After finding the line with "neither true b h = cc" in the data below, set down exactly each line through the one with "-- All of these are open.", inclusive, and stop there.

Top of GIVEN INFORMATION

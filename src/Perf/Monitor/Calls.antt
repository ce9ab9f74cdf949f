-- ===== src/Perf/Monitor/Calls.antt =====
-- The invariant of the event monitor of pkg/sys/perf/monitor.go, over sequences of registrations and
-- removals of events.
pub mod Complete
use mathlib.Core.Path.{subst}
use capsule.Prelude.{ℕ, List, [], ◌∷◌, Bool, Option, ◌≡◌, inr, sym}
use capsule.Prelude.Outcome.{Outcome, ok, err, panic}
use capsule.Prelude.Maps.{number_key, GoMap}
use capsule.Api.Value.{Bytes}
use capsule.Perf.Attr.{EventAttr}
use capsule.Perf.DecoderMap.{DecoderMap, Formats, remove_decoder}
use capsule.Perf.Monitor.{
  EventMonitor, EventType, Kernel, MonitorError, RegisterEventOptions, new_event_monitor,
  stream_ids, after_open, after_add, new_registered_event, unregister_event, close,
}
use capsule.Perf.Monitor.Close.{same_fields, unregister_event-Tracked, close_lem}
use capsule.Perf.Monitor.Register.{answered, Distinct, Absent, Opens, Opened, perf_event_open_lem}
use capsule.Perf.Monitor.Consistent.{
  IsConsistent, with_open, unopened, after_streams-IsConsistent, below_rest, new-IsConsistent,
}

-- One operation of the monitor's clients.
pub data Call (F : Type 0) : Type 0 where
  register : Kernel → Bytes → F → RegisterEventOptions → EventType → Call F
  unregister : ℕ → Call F
  run_or_stop : Bool → Call F

module _ {F : Type 0} where
  -- The kernel opens descriptors that differ, and that no event has.
  unfoldable pub Fresh : Call F → EventMonitor F → Type 0
  Fresh (Call.register kernel name fn opts event_type) m =
      Distinct (answered kernel.answers) × Absent (answered kernel.answers) m.eventids
  Fresh (Call.unregister id) m = Unit
  Fresh (Call.run_or_stop running) m = Unit

module _ {F E : Type 0} where
  unfoldable pub call : Formats E → Call F → EventMonitor F → EventMonitor F
  unfolding new_registered_event unregister_event
  call format (Call.register kernel name fn opts event_type) m =
      (new_registered_event format kernel name fn opts event_type m).1
  call format (Call.unregister id) m = (unregister_event id m).1
  call format (Call.run_or_stop running) m = record m { is_running = running }

  unfoldable pub call_all : Formats E → List (Call F) → EventMonitor F → EventMonitor F
  unfolding call
  call_all format [] m = m
  call_all format (c ∷ calls) m = call_all format calls (call format c m)

  unfoldable pub AllFresh : Formats E → List (Call F) → EventMonitor F → Type 0
  unfolding Fresh call
  AllFresh format [] m = Unit
  AllFresh format (c ∷ calls) m = Fresh c m × AllFresh format calls (call format c m)

  after_open-IsConsistent :
      (name : Bytes) (event_type : EventType) (attr : EventAttr) (fds : List ℕ)
      (stream_id : ℕ → Option ℕ) (r : Outcome (MonitorError E) (List ℕ)) (m : EventMonitor F)
      (now : GoMap ℕ (Unit {0})) (decoders : Option (DecoderMap F))
      → Opened fds m.open_fds r now
      → Distinct fds
      → Absent fds m.eventids
      → IsConsistent m
      → IsConsistent (after_open name event_type attr stream_id r (with_open now decoders m)).1
  unfolding after_open Opened
  after_open-IsConsistent name event_type attr fds stream_id (ok l) m now decoders (e, o) d a c =
      after_streams-IsConsistent E name event_type attr l stream_id (stream_ids stream_id l).1 m now
        decoders (subst (λ k. Opens k m.open_fds now) (sym e) o) (subst Distinct (sym e) d)
        (subst (λ k. Absent k m.eventids) (sym e) a) c
  after_open-IsConsistent name event_type attr fds stream_id (err x) m now decoders o d a c =
      unopened m now (remove_decoder name decoders) o c
  after_open-IsConsistent name event_type attr fds stream_id panic m now decoders o d a c =
      unopened m now decoders o c

  after_add-IsConsistent :
      (kernel : Kernel) (name : Bytes) (opts : RegisterEventOptions) (event_type : EventType)
      (r : Outcome E ℕ) (m : EventMonitor F) (decoders : Option (DecoderMap F))
      → Distinct (answered kernel.answers)
      → Absent (answered kernel.answers) m.eventids
      → IsConsistent m
      → IsConsistent (after_add kernel name opts event_type r (record m { decoders = decoders })).1
  unfolding after_add Opens
  after_add-IsConsistent kernel name opts event_type (ok id) m decoders d a c =
      after_open-IsConsistent name event_type _ (answered kernel.answers) kernel.stream_id _ m _
        decoders
        (perf_event_open_lem E opts.filter kernel.answers [] m.open_fds m.open_fds (λ k u h. inr h))
        d a c
  after_add-IsConsistent kernel name opts event_type (err e) m decoders d a c =
      unopened m m.open_fds decoders (λ k u h. inr h) c
  after_add-IsConsistent kernel name opts event_type panic m decoders d a c =
      unopened m m.open_fds decoders (λ k u h. inr h) c

  pub call-IsConsistent :
      (format : Formats E) (c : Call F) (m : EventMonitor F)
      → Fresh c m
      → IsConsistent m
      → IsConsistent (call format c m)
  unfolding call Fresh new_registered_event
  call-IsConsistent format (Call.register kernel name fn opts event_type) m (d, a) c =
      after_add-IsConsistent kernel name opts event_type _ m _ d a c
  call-IsConsistent format (Call.unregister id) m f c = record {
    tracked = unregister_event-Tracked id m c.tracked;
    below = below_rest id m c;
  }
  call-IsConsistent format (Call.run_or_stop running) m f c = record {
    tracked = same_fields m.events m m.next_event_id m.events m.decoders running c.tracked;
    below = c.below;
  }

  run_from :
      (format : Formats E) (calls : List (Call F)) (m : EventMonitor F)
      → AllFresh format calls m
      → IsConsistent m
      → IsConsistent (call_all format calls m)
  unfolding call_all AllFresh
  run_from format [] m f c = c
  run_from format (x ∷ calls) m (f, fs) c =
      run_from format calls (call format x m) fs (call-IsConsistent format x m f c)

  -- After every sequence of registrations, those that fail included, removals, starts and stops, the
  -- monitor's maps, and the descriptors open, hold nothing that does not belong to a registered event,
  -- where the kernel opens descriptors that no event has.
  pub call_all-IsConsistent :
      (format : Formats E) (calls : List (Call F)) (attr : EventAttr)
      → AllFresh format calls (new_event_monitor attr)
      → IsConsistent (call_all format calls (new_event_monitor attr))
  call_all-IsConsistent format calls attr f =
      run_from format calls (new_event_monitor attr) f (new-IsConsistent attr)

  -- After every sequence of registrations, those that fail included, removals, starts and stops,
  -- `Close` does not panic and leaves no descriptor of an event open, where the kernel opens
  -- descriptors that no event has.
  pub close-call_all :
      (format : Formats E) (calls : List (Call F)) (attr : EventAttr)
      → AllFresh format calls (new_event_monitor attr)
      → (m : EventMonitor F) × (close (call_all format calls (new_event_monitor attr)) ≡ ok m)
        × (m.open_fds ≡ [])
  close-call_all format calls attr f =
      close_lem (call_all format calls (new_event_monitor attr))
        (call_all-IsConsistent format calls attr f).tracked
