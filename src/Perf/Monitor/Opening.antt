-- ===== src/Perf/Monitor/Opening.antt =====
-- The descriptors that `perfEventOpen` of pkg/sys/perf/monitor.go opens stay open, and so do those that
-- were open before.
use mathlib.Core.List.{append_assoc, append-nil}
use mathlib.Core.Path.{subst}
use capsule.Prelude.{
  ℕ, List, [], ◌∷◌, ◌++◌, Bool, true, false, not, ◌&&◌, ◌||◌, none, some, ◌≡◌, inl, inr, refl, sym,
  ap, ◌∙◌, Bool-cases, Option-cases, if◌then◌else◌,
}
use capsule.Prelude.Outcome.{Outcome, ok, err, panic}
use capsule.Prelude.Maps.{number_key, GoMap, lookup, insert, delete_all}
use capsule.Prelude.Maps.Laws.{names, lookup-delete_all}
use capsule.Prelude.Maps.Entries.{inserted, not_inserted}
use capsule.Api.Value.{Bytes}
use capsule.Perf.Monitor.{Answer, has_filter, perf_event_open}
use capsule.Perf.Monitor.Register.{answered}

names-append : (xs ys : List ℕ) (k : ℕ) → names (xs ++ ys) k ≡ (names xs k || names ys k)
unfolding names
names-append [] ys k = refl
names-append (x ∷ xs) ys k =
    ap (λ b. number_key.same x k || b) (names-append xs ys k)
    ∙ regroup (number_key.same x k) (names xs k) (names ys k)
  where
    regroup : (a b c : Bool) → (a || (b || c)) ≡ ((a || b) || c)
    regroup true b c = refl
    regroup false b c = refl

neither : (a b : Bool) → (a || b) ≡ false → (a ≡ false) × (b ≡ false)
neither true b h = cc
neither false b h = (refl, h)

not_first : (xs ys : List ℕ) (k : ℕ) → names (xs ++ ys) k ≡ false → names xs k ≡ false
not_first xs ys k h = (neither (names xs k) (names ys k) (sym (names-append xs ys k) ∙ h)).0

-- All of these are open.
unfoldable pub AllOpen : List ℕ → GoMap ℕ (Unit {0}) → Type 0
unfolding names lookup
AllOpen fds now = (k : ℕ) → names fds k ≡ true → lookup k now ≡ some tt

-- What was open before is open now, these apart.
unfoldable pub Stays : List ℕ → GoMap ℕ (Unit {0}) → GoMap ℕ (Unit {0}) → Type 0
unfolding names lookup
Stays fds before now =
    (k : ℕ) → names fds k ≡ false → lookup k before ≡ some tt → lookup k now ≡ some tt

unfoldable pub Kept :
    List ℕ → GoMap ℕ (Unit {0}) → {E : Type 0} → Outcome E (List ℕ) → GoMap ℕ (Unit {0}) → Type 0
unfolding AllOpen Stays
Kept fds before (ok l) now = AllOpen l now × Stays fds before now
Kept fds before (err e) now = Stays fds before now
Kept fds before panic now = Stays fds before now

one_more :
    (newfds : List ℕ) (fd : ℕ) (now : GoMap ℕ (Unit {0}))
    → AllOpen newfds now
    → AllOpen (newfds ++ (fd ∷ [])) (insert fd tt now)
unfolding AllOpen names
one_more newfds fd now o k n = elim (Bool-cases (number_key.same fd k)) [
  | inl s ↦
      ap (λ j. lookup j (insert fd tt now)) (sym ((number_key.same_iff fd k).0 s))
      ∙ inserted fd tt now
  | inr s ↦
      not_inserted fd k tt now s
      ∙ o k (
          first (names newfds k) (number_key.same fd k) s
            (sym (names-append newfds (fd ∷ []) k) ∙ n))
]
  where
    first : (a b : Bool) → b ≡ false → (a || (b || false)) ≡ true → a ≡ true
    first true b e h = refl
    first false true e h = cc
    first false false e h = cc

still_open :
    (newfds : List ℕ) (fd : ℕ) (before now : GoMap ℕ (Unit {0}))
    → Stays newfds before now
    → Stays (newfds ++ (fd ∷ [])) before (insert fd tt now)
unfolding Stays names
still_open newfds fd before now o k n h =
    let (a, b) =
      neither (names newfds k) (names (fd ∷ []) k) (sym (names-append newfds (fd ∷ []) k) ∙ n) in
    not_inserted fd k tt now (neither (number_key.same fd k) false b).0 ∙ o k a h

pub delete_all-Stays :
    (newfds more : List ℕ) (before now : GoMap ℕ (Unit {0}))
    → Stays newfds before now
    → Stays (newfds ++ more) before (delete_all newfds now)
unfolding Stays
delete_all-Stays newfds more before now o k n h =
    let n' = not_first newfds more k n in
    lookup-delete_all k newfds now ∙ ap (λ b. if b then none else lookup k now) n' ∙ o k n' h

pub perf_event_open-Kept :
    (E : Type 0) (filter : Bytes) (answers : List Answer) (newfds : List ℕ)
    (before now : GoMap ℕ (Unit {0}))
    → AllOpen newfds now
    → Stays newfds before now
    → Kept
        (newfds ++ answered answers)
        before
        (perf_event_open {E = E} filter answers newfds now).0
        (perf_event_open {E = E} filter answers newfds now).1
unfolding perf_event_open Kept
perf_event_open-Kept E filter [] newfds before now o s = rw (append-nil newfds) (o, s)
perf_event_open-Kept E filter (a ∷ answers) newfds before now o s = elim (Option-cases a.fd) [
  | inl e ↦ rw (perf_event_open, e) (delete_all-Stays newfds (answered answers) before now s)
  | inr (fd, e) ↦
      let o' = one_more newfds fd now o in
      let s' = still_open newfds fd before now s in
      elim (Bool-cases (has_filter filter && not a.accepts_filter)) [
        | inl b ↦
            rw (perf_event_open, e, b)
              (subst (λ l. Stays l before (delete_all (newfds ++ (fd ∷ [])) (insert fd tt now)))
                (append_assoc newfds (fd ∷ []) (answered answers))
                (delete_all-Stays (newfds ++ (fd ∷ [])) (answered answers) before (insert fd tt now)
                  s'))
        | inr b ↦
            rw (perf_event_open, e, b)
              (subst
                (λ l.
                  Kept l before
                    (perf_event_open {E = E} filter answers (newfds ++ (fd ∷ []))
                      (insert fd tt now)).0
                    (perf_event_open {E = E} filter answers (newfds ++ (fd ∷ []))
                      (insert fd tt now)).1)
                (append_assoc newfds (fd ∷ []) (answered answers))
                (perf_event_open-Kept E filter answers (newfds ++ (fd ∷ [])) before
                  (insert fd tt now) o' s'))
      ]
]
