-- ===== src/Perf/Monitor/Recorded.antt =====
-- What is recorded of a descriptor by a registration in pkg/sys/perf/monitor.go, and what is kept of it.
use capsule.Prelude.{
  ℕ, suc, List, [], ◌∷◌, Bool, true, false, ◌||◌, Option, none, some, ◌≡◌, inl, inr, refl, sym, ap,
  ◌∙◌, Bool-cases, Option-cases,
}
use capsule.Prelude.Maps.{number_key, GoMap, lookup, insert, delete, put_all}
use capsule.Prelude.Maps.Laws.{names, same_self}
use capsule.Prelude.Maps.Entries.{
  none_not_some, some_eq, of_if, of_insert, inserted, of_delete, keys, not_put,
}
use capsule.Perf.Monitor.{stream_ids, with_id, all_to, places, ids_of}
use capsule.Perf.Monitor.Invariant.{or_false, or_first, or_second}
use capsule.Perf.Monitor.Register.{Absent, not_recorded}

-- A test that comes out both ways.
pub both_ways : {R : Type 0} (b : Bool) → b ≡ true → b ≡ false → R
both_ways b h k = let z : true ≡ false = sym h ∙ k in cc

pub not_new :
    (fds : List ℕ) (eventids : GoMap ℕ ℕ) (fd id : ℕ)
    → Absent fds eventids
    → lookup fd eventids ≡ some id
    → names fds fd ≡ false
not_new fds eventids fd id a h = elim (Bool-cases (names fds fd)) [
  | inl n ↦ none_not_some id (sym (not_recorded fds eventids fd a n) ∙ h)
  | inr n ↦ n
]

-- A key that is put is there, and what is put under each key alike is there under it.
pub put_there :
    {V : Type 0} (from : GoMap ℕ V) (j : ℕ) (to : GoMap ℕ V)
    → names (keys from) j ≡ true
    → (v : V) × (lookup j (put_all from to) ≡ some v)
unfolding names put_all
put_there [] j to h = cc
put_there ((k, w) ∷ from) j to h = elim (Bool-cases (names (keys from) j)) [
  | inl n ↦ put_there from j (insert k w to) n
  | inr n ↦ elim (Bool-cases (number_key.same k j)) [
    | inl s ↦ (
      w,
      not_put from j (insert k w to) n
          ∙ ap (λ k. lookup j (insert k w to)) ((number_key.same_iff k j).0 s)
          ∙ inserted j w to,
    )
    | inr s ↦ both_ways (names (keys from) j) (or_false _ _ h s) n
  ]
]

put_alike :
    {V : Type 0} (v w : V) (ids : GoMap ℕ ℕ) (j : ℕ) (to : GoMap ℕ V)
    → ((u : V) → lookup j to ≡ some u → v ≡ u)
    → lookup j (put_all (all_to v ids) to) ≡ some w
    → v ≡ w
unfolding put_all all_to
put_alike v w [] j to a h = a w h
put_alike v w ((g, id) ∷ ids) j to a h =
    put_alike v w ids j (insert id v to)
      (λ u k. elim (of_insert id j v to u k) [ inl (e, i) ↦ i | inr (e, i) ↦ a u i ]) h

names-all_to :
    {V : Type 0} (v : V) (ids : GoMap ℕ ℕ) (fd id : ℕ)
    → lookup fd ids ≡ some id
    → names (keys (all_to v ids)) id ≡ true
unfolding names all_to lookup
names-all_to v [] fd id h = cc
names-all_to v ((g, j) ∷ ids) fd id h =
    elim (of_if (number_key.same g fd) (some j) (lookup fd ids) id h) [
      | inl (s, e) ↦ or_first _ _ ((number_key.same_iff j id).1 (some_eq j id e))
      | inr (s, e) ↦ or_second _ _ (names-all_to v ids fd id e)
    ]

-- Under the identifier of each descriptor stands the value put.
pub put_under :
    {V : Type 0} (v : V) (ids : GoMap ℕ ℕ) (fd id : ℕ)
    → lookup fd ids ≡ some id
    → lookup id (put_all (all_to v ids) []) ≡ some v
unfolding lookup
put_under v ids fd id h =
    let (w, e) = put_there (all_to v ids) id [] (names-all_to v ids fd id h) in
    e ∙ ap some (sym (put_alike v w ids id [] (λ u k. none_not_some u k) e))

-- Where each identifier is read, each descriptor has the one that the kernel gives it.
pub read_all :
    (stream_id : ℕ → Option ℕ) (fds : List ℕ) (fd : ℕ)
    → (stream_ids stream_id fds).1 ≡ true
    → names fds fd ≡ true
    → (id : ℕ) × (lookup fd (stream_ids stream_id fds).0 ≡ some id)
unfolding names stream_ids with_id lookup
read_all stream_id [] fd a h = cc
read_all stream_id (g ∷ fds) fd a h = go (stream_id g) (read_all stream_id fds fd) a
  where
    rest : GoMap ℕ ℕ × Bool
    rest = stream_ids stream_id fds

    go :
        (o : Option ℕ)
        → (rest.1 ≡ true → names fds fd ≡ true → (id : ℕ) × (lookup fd rest.0 ≡ some id))
        → (with_id g o rest).1 ≡ true
        → (id : ℕ) × (lookup fd (with_id g o rest).0 ≡ some id)
    go none ih k = cc
    go (some j) ih k = elim (Bool-cases (number_key.same g fd)) [
      | inl s ↦ (j, rw s refl)
      | inr s ↦ let (id, e) = ih k (or_false _ _ h s) in (id, rw s e)
    ]

pub read_from :
    (stream_id : ℕ → Option ℕ) (fds : List ℕ) (fd id : ℕ)
    → lookup fd (stream_ids stream_id fds).0 ≡ some id
    → stream_id fd ≡ some id
unfolding stream_ids with_id lookup
read_from stream_id [] fd id h = cc
read_from stream_id (g ∷ fds) fd id h = go (stream_id g) refl (read_from stream_id fds fd id) h
  where
    rest : GoMap ℕ ℕ × Bool
    rest = stream_ids stream_id fds

    go :
        (o : Option ℕ)
        → stream_id g ≡ o
        → (lookup fd rest.0 ≡ some id → stream_id fd ≡ some id)
        → lookup fd (with_id g o rest).0 ≡ some id
        → stream_id fd ≡ some id
    go none e ih k = cc
    go (some j) e ih k = elim (of_if (number_key.same g fd) (some j) (lookup fd rest.0) id k) [
      | inl (s, i) ↦ ap stream_id (sym ((number_key.same_iff g fd).0 s)) ∙ e ∙ i
      | inr (s, i) ↦ ih i
    ]

pub placed :
    (i : ℕ) (fds : List ℕ) (fd : ℕ) → names fds fd ≡ true → names (keys (places i fds)) fd ≡ true
unfolding places names
placed i [] fd h = h
placed i (g ∷ fds) fd h = elim (Bool-cases (number_key.same g fd)) [
  | inl s ↦ or_first _ _ s
  | inr s ↦ or_second _ _ (placed (suc i) fds fd (or_false _ _ h s))
]

-- `removeRegisteredEvent` collects no identifier but those of the descriptors given.
pub of_ids_of :
    (fds : List ℕ) (eventids : GoMap ℕ ℕ) (id : ℕ)
    → names (ids_of fds eventids) id ≡ true
    → (fd : ℕ) × (names fds fd ≡ true) × (lookup fd eventids ≡ some id)
unfolding names ids_of
of_ids_of [] eventids id h = cc
of_ids_of (g ∷ fds) eventids id h = elim (Option-cases (lookup g eventids)) [
  | inl e ↦
      let (fd, n, k) = of_ids_of fds eventids id (rw (ids_of, e) at h) in (fd, or_second _ _ n, k)
  | inr (j, e) ↦ found j e (of_ids_of fds (delete g eventids) id) (rw (ids_of, e) at h)
]
  where
    later :
        (fd : ℕ) × (names fds fd ≡ true) × (lookup fd (delete g eventids) ≡ some id)
        → (fd : ℕ) × (names (g ∷ fds) fd ≡ true) × (lookup fd eventids ≡ some id)
    later (fd, n, k) = (fd, or_second _ _ n, (of_delete g fd eventids id k).1)

    found :
        (j : ℕ)
        → lookup g eventids ≡ some j
        → (names (ids_of fds (delete g eventids)) id ≡ true
            → (fd : ℕ) × (names fds fd ≡ true) × (lookup fd (delete g eventids) ≡ some id))
        → (number_key.same j id || names (ids_of fds (delete g eventids)) id) ≡ true
        → (fd : ℕ) × (names (g ∷ fds) fd ≡ true) × (lookup fd eventids ≡ some id)
    found j e ih n = elim (Bool-cases (number_key.same j id)) [
      | inl s ↦ (g, or_first _ _ (same_self g), e ∙ ap some ((number_key.same_iff j id).0 s))
      | inr s ↦ later (ih (or_false _ _ n s))
    ]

Bottom of GIVEN INFORMATION

OUTPUT FOR THIS TASK =>
neither true b h = cc
neither false b h = (refl, h)

not_first : (xs ys : List ℕ) (k : ℕ) → names (xs ++ ys) k ≡ false → names xs k ≡ false
not_first xs ys k h = (neither (names xs k) (names ys k) (sym (names-append xs ys k) ∙ h)).0

-- All of these are open.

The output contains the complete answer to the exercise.